Caught disobeying Washington, Adair handed over his workers as the supposed culprits to the police apparatus he loathes, the FBI and DHS.  “We are presenting all employees for interviews....with investigating agencies,” he said.
The imperialist, war-driven wing of U.S. finance capitalists is using West Fertilizer to press for tighter, centralized government control of industry, including the dangerous substances needed for war. On April 20, the New York Times ran an op-ed column by Bill Minutaglio, a liberal professor at the University of Texas in Austin. He declared:
[I]t is finally time for this pathological avoidance of oversight to end in Texas. To understand how deep the state’s regulatory resistance runs, one need only to listen to the state’s attorney general, Greg Abbott, who often spearheads the Lone Star state’s rebuffs to federal imperatives. Earlier this year he was asked what his job entailed. “I go into the office in the morning,” he replied. “I sue Barack Obama, and then I go home.”
U.S. imperialists use food as a weapon, in “peacetime” and war. They reward their friends and deny food to their enemies. Predominance in a critical industry like agriculture, in which fertilizers play a big part, was essential to U.S. imperialists’ successes in the first two world wars. They foresee a similar equation in the next one. Big finance capitalists mistrust anti-government small fry like Adair, who once sued U.S. imperialist flagship Monsanto. Until April 17, Adair was stockpiling, against DHS orders, the volatile chemical essential to farming, which also powered the 1995 bombing of the Oklahoma City federal building by domestic terrorist Timothy McVeigh.

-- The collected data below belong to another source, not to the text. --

-- ===== src/Channel/Answers.antt =====
-- Where the calls that Channel::Call issues end up (urpc/core/source/urpc_channel.cc).
use u_rpc.Prelude.{
  ℕ, ◌+◌, ◌≡◌, refl, ap, sym, Bool, true, false, Option, List, [], arith, to_ℕ, All,
}
use mathlib.Core.Path.{subst}
use u_rpc.Prelude.Map.Sorted.{IsSorted}
use u_rpc.Prelude.Str.{Str}
use u_rpc.Prelude.Map.{find, find-empty}
use u_rpc.Channel.State.{Deferred, Channel}
use u_rpc.Channel.Api.{Event, call, run}
use u_rpc.Channel.Ledger.{Books, OpensAs, WaitsOpen, answered, open_in, waits_in, starts_in}
use u_rpc.Channel.Ledger.History.{
  SparesAll, issue, issued_all, issued_all_grows, call-Books, run-Books,
}

-- A channel that nobody has called.
abbrev pub IsFresh : Channel → Type 0
IsFresh c =
    (c.calls ≡ [])
    × (c.pending ≡ [])
    × (c.fired ≡ [])
    × (c.loop.pending ≡ [])
    × (c.loop.timers ≡ [])

start-Books : (c : Channel) → IsFresh c → Books (λ k. false) [] [] c
start-Books c (no_calls, no_pending, no_fired, no_tasks, no_timers) = (
  (λ k.
      unfold find in
      omega (
        arith,
        ap (answered k) no_fired,
        ap (open_in k) no_calls,
        ap (waits_in k) no_pending,
        ap (starts_in k) no_tasks,
      )),
  (λ k l. refl),
  subst IsSorted (sym no_calls) tt,
  subst (All OpensAs) (sym no_calls) tt,
  subst (All WaitsOpen) (sym no_pending) tt,
  (λ id t e k. absurd (ground (arith, e, no_timers, find-empty {V = Deferred} id))),
  tt,
)

-- The books after a history, a call and another history: the call was issued.
pub called-Books :
    (before after : List Event) (path framed : Str) (timeout_ms : ℕ) (cb : Option ℕ) (c : Channel)
    → IsFresh c
    → SparesAll (run before c).next_call_id after (call path framed timeout_ms cb (run before c)).1
    → let c1 = run before c in
      let (id, c2) = call path framed timeout_ms cb c1 in
      (E : ℕ → Bool) × (E id ≡ true) × Books E [] [] (run after c2)
unfolding call
called-Books before after path framed timeout_ms cb c fresh spares =
    let c1 = run before c in
    let E1 = issued_all before c (λ k. false) in
    let id = c1.next_call_id in
    let (id', c2) = call path framed timeout_ms cb c1 in
    let E2 = issue id E1 in
    let h1 = run-Books (λ k. false) before c (start-Books c fresh) in
    let h2 = call-Books E1 path framed timeout_ms cb c1 h1 in
    (
      issued_all after c2 E2,
      issued_all_grows E2 id after c2 spares (ground arith),
      run-Books E2 after c2 h2,
    )

-- From any fresh channel, after any history: the id that Channel::Call returns is, ever after, in
-- exactly one place. Either its task is still posted, or it waits for the connection, or it stands
-- among the open calls, or its `done` has been called; it is not lost, and `done` never runs twice;
-- where the loop is not stopped while the task of the call is still posted, which drops it.
pub call_in_one_place :
    (before after : List Event) (path framed : Str) (timeout_ms : ℕ) (cb : Option ℕ) (c : Channel)
    → IsFresh c
    → SparesAll (run before c).next_call_id after (call path framed timeout_ms cb (run before c)).1
    → let c1 = run before c in
      let (id, c2) = call path framed timeout_ms cb c1 in
      let c3 = run after c2 in
      answered id c3.fired
        + open_in id c3.calls
        + waits_in id c3.pending
        + starts_in id c3.loop.pending
      ≡ 1
call_in_one_place before after path framed timeout_ms cb c fresh spares =
    let (E, mine, h) = called-Books before after path framed timeout_ms cb c fresh spares in
    let (id, c2) = call path framed timeout_ms cb (run before c) in
    omega (arith, h.0 id, ap to_ℕ mine)
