-- ===== src/Channel/Faults.antt =====
-- Where a channel leaves work behind: a connection that cannot be made, and a stream that closes
-- before its status came (urpc/core/source/urpc_channel.cc).
use u_rpc.Prelude.{
  ℕ, ◌≡◌, refl, ap, sym, ◌∙◌, true, false, none, some, List, [], ◌∷◌, arith, ◌==◌, if◌then◌else◌,
  if-keeps,
}
use u_rpc.Prelude.Map.{find, find-erase}
use u_rpc.Status.{Status, is_ok}
use u_rpc.Channel.State.{broken, Call, PendingCall, Channel}
use u_rpc.Channel.Calls.{complete_call, fail_calls, fail_pending}
use u_rpc.Channel.Session.{
  on_connect, on_connection_lost, is_broken, lose, on_stream_close, close_call, close_stream,
  erase_call_iterator, stream_closed,
}

-- What failing the waiting calls leaves alone.
abbrev Leaves : Channel → Channel → Type 0
Leaves c c' = (c'.pending_streams ≡ c.pending_streams) × (c'.state ≡ c.state)

fail_calls-Leaves :
    (pcs : List PendingCall) (st : Status) (c : Channel) → Leaves c (fail_calls pcs st c)
unfolding fail_calls complete_call
fail_calls-Leaves [] st c = (refl, refl)
fail_calls-Leaves (pc ∷ pcs) st c =
    let (p, s) = fail_calls-Leaves pcs st (complete_call pc.call st [] c) in
    let (p', s') =
      if-keeps (Leaves c) pc.call.completed c _ (λ _. (refl, refl)) (λ _. (refl, refl)) in
    (p ∙ p', s ∙ s')

lost_again : (c : Channel) → c.state ≡ broken → on_connection_lost c ≡ c
unfolding on_connection_lost is_broken
lost_again c h = ap (λ s. if is_broken s then c else lose c) h

-- A connection attempt that fails leaves every stream that waits for it waiting, with no callback,
-- for good: the channel is broken, and the loss of a connection, which would fail them, is then
-- ignored.
pub connect_failure_strands :
    (st : Status) (c : Channel)
    → is_ok st ≡ false
    → ((on_connect st c).pending_streams ≡ c.pending_streams)
      × ((on_connect st c).state ≡ broken)
      × (on_connection_lost (on_connect st c) ≡ on_connect st c)
unfolding on_connect fail_pending
connect_failure_strands st c e =
    let failed = fail_calls c.pending st (record c { state = broken; pending = [] }) in
    let (p, s) = fail_calls-Leaves c.pending st (record c { state = broken; pending = [] }) in
    let q : on_connect st c ≡ failed = ground arith in
    (
      ap (λ x. x.pending_streams) q ∙ p,
      ap (λ x. x.state) q ∙ s,
      ap on_connection_lost q ∙ (lost_again failed s ∙ sym q),
    )

-- A call whose stream closes before its status came is completed, which erases its entry of
-- `by_stream`; OnStreamClose then erases through the iterator that it took before.
pub close_erases_twice :
    (sid id : ℕ) (call : Call) (c : Channel)
    → find sid c.stream_by_sid ≡ none
    → find sid c.by_stream ≡ some id
    → find id c.calls ≡ some call
    → call.completed ≡ false
    → call.sid ≡ sid
    → (sid == 0) ≡ false
    → (on_stream_close sid c).faulted ≡ true
unfolding on_stream_close close_stream close_call erase_call_iterator
close_erases_twice sid id call c no_stream e f o s z =
    ap (λ o. let c' = close_stream o sid c in (close_call (find sid c'.by_stream) sid c').faulted)
      no_stream
    ∙ (ap (λ o. (close_call o sid c).faulted) e
        ∙ (ap
              (λ o.
                (erase_call_iterator sid (elim o [
                  | none ↦ c
                  | some call ↦ complete_call call stream_closed [] c
                ])).faulted)
              f
            ∙ twice))
  where
    twice : (erase_call_iterator sid (complete_call call stream_closed [] c)).faulted ≡ true
    twice =
        unfold complete_call in
        ground (arith, find-erase sid sid c.by_stream, find-erase call.sid sid c.by_stream)
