-- ===== src/Channel/Loss.antt =====
-- Unary calls and OnConnectionLost of urpc/core/source/urpc_channel.cc.
use u_rpc.Prelude.{ℕ, ◌+◌, ◌≡◌, refl, ap, false, Option, List, [], ◌∷◌, arith, to_ℕ, if-keeps}
use u_rpc.Prelude.Str.{Str}
use u_rpc.Prelude.Map.{Map, find, erase}
use u_rpc.Status.{Status}
use u_rpc.Channel.State.{
  broken, Call, PendingCall, OutMsg, Stream, PendingStream, flushed, fire, Channel,
}
use u_rpc.Channel.Calls.{complete_call, fail_calls, fail_pending}
use u_rpc.Channel.Streams.{flush_all, fail_stream}
use u_rpc.Channel.Session.{
  fail_streams, fail_parked, fail_open, lost, lose, is_broken, on_connection_lost,
}
use u_rpc.Channel.Api.{Event, call, run}
use u_rpc.Channel.Ledger.{answered, open_in, waits_in, starts_in}
use u_rpc.Channel.Ledger.Aborts.{on_connection_lost-Books}
use u_rpc.Channel.Ledger.History.{SparesAll}
use u_rpc.Channel.Answers.{IsFresh, called-Books}

-- No unary call waits or stands open.
abbrev HasNoCalls : Channel → Type 0
HasNoCalls c = c.calls ≡ []

abbrev HasNothing : Channel → Type 0
HasNothing c = (c.calls ≡ []) × (c.pending ≡ [])

flush_all-HasNoCalls :
    (q : List OutMsg) (st : Status) (c : Channel) → HasNoCalls c → HasNoCalls (flush_all q st c)
unfolding flush_all
flush_all-HasNoCalls [] st c h = h
flush_all-HasNoCalls (m ∷ ms) st c h = flush_all-HasNoCalls ms st (fire (flushed m.cb st) c) h

fail_streams-HasNoCalls :
    (m : Map Stream) (c : Channel) → HasNoCalls c → HasNoCalls (fail_streams m c)
unfolding fail_streams fail_stream
fail_streams-HasNoCalls [] c h = h
fail_streams-HasNoCalls ((id, s) ∷ m) c h =
    fail_streams-HasNoCalls m _ (
      if-keeps HasNoCalls s.completed c _ (λ _. h) (λ _. flush_all-HasNoCalls s.out_queue lost c h))

fail_parked-HasNoCalls :
    (pss : List PendingStream) (c : Channel) → HasNoCalls c → HasNoCalls (fail_parked pss c)
unfolding fail_parked fail_stream
fail_parked-HasNoCalls [] c h = h
fail_parked-HasNoCalls (ps ∷ pss) c h =
    fail_parked-HasNoCalls pss _ (flush_all-HasNoCalls [] lost c h)

fail_open-HasNoCalls : (m : Map Call) (c : Channel) → HasNoCalls c → HasNoCalls (fail_open m c)
unfolding fail_open
fail_open-HasNoCalls [] c h = h
fail_open-HasNoCalls ((id, one) ∷ m) c h =
    fail_open-HasNoCalls m _ (if-keeps HasNoCalls one.completed c _ (λ _. h) (λ _. h))

fail_calls-HasNothing :
    (pcs : List PendingCall) (st : Status) (c : Channel)
    → HasNothing c
    → HasNothing (fail_calls pcs st c)
unfolding fail_calls complete_call erase
fail_calls-HasNothing [] st c h = h
fail_calls-HasNothing (pc ∷ pcs) st c (p, q) =
    fail_calls-HasNothing pcs st _
      (if-keeps HasNothing pc.call.completed c _ (λ _. (p, q)) (λ _. (ap (erase pc.call.id) p, q)))

lose-HasNothing : (c : Channel) → HasNothing (lose c)
unfolding lose fail_pending
lose-HasNothing c =
    let bare = record c {
      state = broken;
      has_socket = false;
      has_session = false;
      calls = [];
      by_stream = [];
      streams = [];
      stream_by_sid = [];
      pending_streams = [];
    } in
    let s = fail_streams c.streams bare in
    let p = fail_parked c.pending_streams s in
    let o = fail_open c.calls p in
    let h =
      fail_open-HasNoCalls c.calls p (
        fail_parked-HasNoCalls c.pending_streams s (fail_streams-HasNoCalls c.streams bare refl)) in
    fail_calls-HasNothing o.pending lost (record o { pending = [] }) (h, refl)

lost_first : (c : Channel) → is_broken c.state ≡ false → HasNothing (on_connection_lost c)
unfolding on_connection_lost
lost_first c e =
    if-keeps HasNothing (is_broken c.state) c _ (λ w. absurd (ground (arith, e, w)))
      (λ _. lose-HasNothing c)

-- When the connection is lost, each call that Channel::Call has issued is answered exactly once, then
-- or before, or its task has still to run: from any fresh channel, after any histories before and
-- after the call that leave the channel unbroken, and in which the loop is not stopped while the task of
-- the call is still posted.
pub loss_answers :
    (before after : List Event) (path framed : Str) (timeout_ms : ℕ) (cb : Option ℕ) (c : Channel)
    → IsFresh c
    → SparesAll (run before c).next_call_id after (call path framed timeout_ms cb (run before c)).1
    → is_broken (run after (call path framed timeout_ms cb (run before c)).1).state ≡ false
    → let (id, c2) = call path framed timeout_ms cb (run before c) in
      let c4 = on_connection_lost (run after c2) in
      answered id c4.fired + starts_in id c4.loop.pending ≡ 1
loss_answers before after path framed timeout_ms cb c fresh spares up =
    let (id, c2) = call path framed timeout_ms cb (run before c) in
    let (E, mine, h) = called-Books before after path framed timeout_ms cb c fresh spares in
    let c4 = on_connection_lost (run after c2) in
    let (sums, rest, r2, r3, r4, r5, r6) = on_connection_lost-Books E [] (run after c2) h in
    let (no_calls, no_pending) = lost_first (run after c2) up in
    unfold find in
    omega (arith, sums id, ap to_ℕ mine, ap (open_in id) no_calls, ap (waits_in id) no_pending)
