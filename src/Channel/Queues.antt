-- ===== src/Channel/Queues.antt =====
-- The queues of the streams of a channel, and the streaming operations of
-- urpc/core/source/urpc_channel.cc.
pub mod Calls
pub mod Events
use u_rpc.Prelude.{
  ℕ, zero, suc, ◌+◌, ◌≤◌, ◌<◌, ◌≡◌, refl, ap, Bool, true, false, not, ◌&&◌, ◌||◌, Option, none,
  some, List, [], ◌∷◌, ◌++◌, arith, if◌then◌else◌, ◌==◌, ltb, leb, length, length-append, is_empty,
  is_some, All, All-append, if-keeps, option-keeps,
}
use u_rpc.Prelude.Str.{Str, codes}
use u_rpc.Prelude.Map.{Map, find, insert, erase}
use u_rpc.Prelude.Map.Sorted.{All-insert, All-erase, All-find}
use u_rpc.Status.{Status, is_ok, ok_status}
use u_rpc.Codec.{FrameDecoder, consume}
use u_rpc.Wire.{Headers, field, reset}
use u_rpc.Channel.State.{
  State, idle, connecting, ready, broken, OutMsg, Stream, StreamEvents, PendingStream, Channel,
  message, flushed, fire, send, head_id, tail_ids,
}
use u_rpc.Channel.Streams.{
  flush_all, fail_stream, complete_stream, pump_front, run_pump, on_consumed, any_close, close_last,
  seeded, opened, open_stream_now, start_streams, start_pending_streams, run_stream_timeout,
  enqueue_stream, run_open_stream, park, send_unopened, run_send, park_close, close_open,
  run_close_send,
}
use u_rpc.Channel.Session.{
  stream_headers, terminal_status, is_200, bad_http, report_messages, stream_data, close_stream,
  erase_stream_iterator, with_stream_of, stream_closed, fail_streams, fail_parked, lost,
}

abbrev pub IsShort : List OutMsg → Type 0
IsShort q = length q ≤ 64

abbrev pub Open : ℕ × Stream → Type 0
Open (id, s) = IsShort s.out_queue

abbrev pub Parked : PendingStream → Type 0
Parked ps = IsShort ps.out_queue

-- Every queue of an open or a parked stream holds 64 messages at most.
abbrev pub HasShortQueues : Channel → Type 0
HasShortQueues c = All Open c.streams × All Parked c.pending_streams

abbrev pub Kept : Channel → Type 0
Kept = HasShortQueues

pub put-Kept :
    (id : ℕ) (s : Stream) (c : Channel)
    → IsShort s.out_queue
    → Kept c
    → Kept (record c { streams = insert id s c.streams })
put-Kept id s c l h = (All-insert Open id s c.streams l h.0, h.1)

length-close_last : (q : List OutMsg) → length (close_last q) ≡ length q
unfolding close_last
length-close_last [] = refl
length-close_last (m ∷ []) = refl
length-close_last (m ∷ n ∷ q) = ap suc (length-close_last (n ∷ q))

length-seeded : (q : List OutMsg) → length (seeded q) ≡ length q
unfolding seeded
length-seeded q = ground (arith, length-close_last q)

flush_all-Kept : (q : List OutMsg) (st : Status) (c : Channel) → Kept c → Kept (flush_all q st c)
unfolding flush_all
flush_all-Kept [] st c h = h
flush_all-Kept (m ∷ ms) st c h = flush_all-Kept ms st (fire (flushed m.cb st) c) h

pub fail_stream-Kept :
    (id : ℕ) (q : List OutMsg) (events : StreamEvents) (st : Status) (c : Channel)
    → Kept c
    → Kept (fail_stream id q events st c)
unfolding fail_stream
fail_stream-Kept id q events st c h = flush_all-Kept q st c h

pub complete_stream-Kept :
    (id : ℕ) (s : Stream) (st : Status) (c : Channel) → Kept c → Kept (complete_stream id s st c)
unfolding complete_stream
complete_stream-Kept id s st c h =
    if-keeps Kept s.completed c _ (λ _. h)
      λ _. fail_stream-Kept s.id s.out_queue s.events st _ (
        put-Kept id (record s { completed = true; timeout_timer = 0; out_queue = [] }) c
          (omega arith) h)

pump_front-Kept :
    (id : ℕ) (s : Stream) (q : List OutMsg) (c : Channel)
    → IsShort q
    → Kept c
    → Kept (pump_front id s q c)
unfolding pump_front
pump_front-Kept id s [] c l h = h
pump_front-Kept id s (out ∷ rest) c l h =
    put-Kept id
      (record s { out_queue = rest; out_inflight = true; send_closed = s.send_closed || out.close })
      c (omega arith) h

pub run_pump-Kept : (id : ℕ) (c : Channel) → Kept c → Kept (run_pump id c)
unfolding run_pump
run_pump-Kept id c h = option-keeps Kept (find id c.streams) c _ h λ s e.
    if-keeps Kept (s.completed || (s.out_inflight || (s.sid == 0 || not c.has_session))) c _
      (λ _. h) (λ _. pump_front-Kept id s s.out_queue c (All-find Open id s c.streams e h.0) h)

pub on_consumed-Kept : (id : ℕ) (cb : Option ℕ) (c : Channel) → Kept c → Kept (on_consumed id cb c)
unfolding on_consumed
on_consumed-Kept id cb c h =
    option-keeps Kept (find id c.streams) _ _ h λ s e.
      put-Kept id (record s { out_inflight = false }) c (All-find Open id s c.streams e h.0) h

opened-Kept :
    (o : Option ℕ) (ps : PendingStream) (c : Channel) → Parked ps → Kept c → Kept (opened o ps c)
unfolding opened
opened-Kept none ps c l h = fail_stream-Kept ps.id ps.out_queue ps.events _ c h
opened-Kept (some sid) ps c l h =
    run_pump-Kept ps.id _ (put-Kept ps.id _ c (omega (arith, length-seeded ps.out_queue)) h)

open_stream_now-Kept :
    (ps : PendingStream) (c : Channel) → Parked ps → Kept c → Kept (open_stream_now ps c)
unfolding open_stream_now
open_stream_now-Kept ps c l h =
    opened-Kept (head_id c.session_ids) ps (record c { session_ids = tail_ids c.session_ids }) l h

start_streams-Kept :
    (pss : List PendingStream) (c : Channel) → All Parked pss → Kept c → Kept (start_streams pss c)
unfolding start_streams
start_streams-Kept [] c l h = h
start_streams-Kept (ps ∷ pss) c l h = start_streams-Kept pss _ l.1 (open_stream_now-Kept ps c l.0 h)

pub start_pending_streams-Kept : (c : Channel) → Kept c → Kept (start_pending_streams c)
unfolding start_pending_streams
start_pending_streams-Kept c h =
    start_streams-Kept c.pending_streams (record c { pending_streams = [] }) h.1 (h.0, tt)

pub run_stream_timeout-Kept : (id : ℕ) (c : Channel) → Kept c → Kept (run_stream_timeout id c)
unfolding run_stream_timeout
run_stream_timeout-Kept id c h = option-keeps Kept (find id c.streams) c _ h λ s e.
    if-keeps Kept s.completed c _ (λ _. h)
      λ _.
        let c1 =
          if not (s.sid == 0) && c.has_session
          then send (reset s.sid 0x8) (record c { stream_by_sid = erase s.sid c.stream_by_sid })
          else c in
        let h1 : Kept c1 =
          if-keeps Kept (not (s.sid == 0) && c.has_session)
            (send (reset s.sid 0x8) (record c { stream_by_sid = erase s.sid c.stream_by_sid })) c
            (λ _. h) (λ _. h) in
        let (o, p) = complete_stream-Kept id (record s { rst_pending = true }) _ c1 h1 in
        (All-erase Open id _ o, p)

enqueue_stream-Kept :
    (s : State) (ps : PendingStream) (c : Channel)
    → Parked ps
    → Kept c
    → Kept (enqueue_stream s ps c)
unfolding enqueue_stream
enqueue_stream-Kept ready ps c l h = open_stream_now-Kept ps c l h
enqueue_stream-Kept broken ps c l h = h
enqueue_stream-Kept idle ps c l h = (h.0, All-append Parked c.pending_streams (ps ∷ []) h.1 (l, tt))
enqueue_stream-Kept connecting ps c l h =
    (h.0, All-append Parked c.pending_streams (ps ∷ []) h.1 (l, tt))

pub run_open_stream-Kept :
    (id : ℕ) (path : Str) (events : StreamEvents) (timeout_ms : ℕ) (c : Channel)
    → Kept c
    → Kept (run_open_stream id path events timeout_ms c)
unfolding run_open_stream
run_open_stream-Kept id path events timeout_ms c h =
    if-keeps Kept (is_some events.on_complete) _ c
      (λ _. enqueue_stream-Kept c.state _ c (omega arith) h) (λ _. h)

park-Parked :
    (id : ℕ) (m : OutMsg) (pss : List PendingStream) → All Parked pss → All Parked (park id m pss).2
unfolding park
park-Parked id m [] h = h
park-Parked id m (ps ∷ pss) h =
    ground (arith, park-Parked id m pss h.1, h.0, h.1, length-append ps.out_queue (m ∷ []))

send_unopened-Kept : (id : ℕ) (m : OutMsg) (c : Channel) → Kept c → Kept (send_unopened id m c)
unfolding send_unopened
send_unopened-Kept id m c h =
    if-keeps Kept (park id m c.pending_streams).0 _ _
      (λ _. (h.0, park-Parked id m c.pending_streams h.1)) (λ _. h)

pub run_send-Kept : (id : ℕ) (m : OutMsg) (c : Channel) → Kept c → Kept (run_send id m c)
unfolding run_send
run_send-Kept id m c h =
    option-keeps Kept (find id c.streams) _ _ (send_unopened-Kept id m c h) λ s e.
      if-keeps Kept s.completed _ _ (λ _. send_unopened-Kept id m c h)
        λ _.
          if-keeps Kept s.send_closed _ _ (λ _. h)
            λ _.
              if-keeps Kept (leb 64 (length s.out_queue)) _ _ (λ _. h)
                λ room. run_pump-Kept id _ (
                  put-Kept id (record s { out_queue = s.out_queue ++ m ∷ [] }) c
                    (ground (arith, room, length-append s.out_queue (m ∷ []))) h)

park_close-Parked :
    (id : ℕ) (pss : List PendingStream) → All Parked pss → All Parked (park_close id pss)
unfolding park_close
park_close-Parked id [] h = h
park_close-Parked id (ps ∷ pss) h =
    ground (arith, park_close-Parked id pss h.1, h.0, h.1, length-close_last ps.out_queue)

close_open-Kept :
    (id : ℕ) (s : Stream) (c : Channel) → IsShort s.out_queue → Kept c → Kept (close_open id s c)
unfolding close_open
close_open-Kept id s c l h =
    if-keeps Kept s.send_closed c _ (λ _. h)
      λ _.
        if-keeps Kept (is_empty s.out_queue) _ _
          (λ _.
            let k = put-Kept id (record s { send_closed = true }) c l h in
            if-keeps Kept (not (s.sid == 0) && c.has_session) _ _ (λ _. k) (λ _. k))
          (λ _.
            put-Kept id (record s { out_queue = close_last s.out_queue }) c
              (omega (arith, length-close_last s.out_queue)) h)

pub run_close_send-Kept : (id : ℕ) (c : Channel) → Kept c → Kept (run_close_send id c)
unfolding run_close_send
run_close_send-Kept id c h =
    option-keeps Kept (find id c.streams) _ _ (h.0, park_close-Parked id c.pending_streams h.1)
      λ s e.
        if-keeps Kept s.completed _ _ (λ _. (h.0, park_close-Parked id c.pending_streams h.1))
          (λ _. close_open-Kept id s c (All-find Open id s c.streams e h.0) h)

From Boston to Texas, we can see common threads of sharpening domestic fascism and global war preparation. Our class enemies, the capitalists, may seem too powerful to stop. But history shows that class struggle will persist and accelerate in reaction to assaults by the ruling class. It shows that the misery created by the rulers’ wars can become the crucible for communist revolution — if workers are organized and led by a fighting party of and for the working class. That party is PLP!
May Day symbolizes this struggle. The actions of the Progressive Labor Party against racism in the cops’ killing of Shantel Davis, Kimani Gray, and Ramarley Graham in New York, and in PL’ers fighting evictions of workers in Palestine by Israeli rulers; against sellout union leaders of Metro transit workers in Washington, DC; against Mexican rulers flooding workers’ homes near Mexico City; against U.S.-UN forces responsible for the spread of cholera in Haiti; against the neglect of workers in Pakistan ravaged by earthquakes. All of these struggles are building the force that can counter capitalism’s terror and will ultimately destroy the profit system to build a workers’ society: communism.
May Day represents the need to join this movement. Join PLP!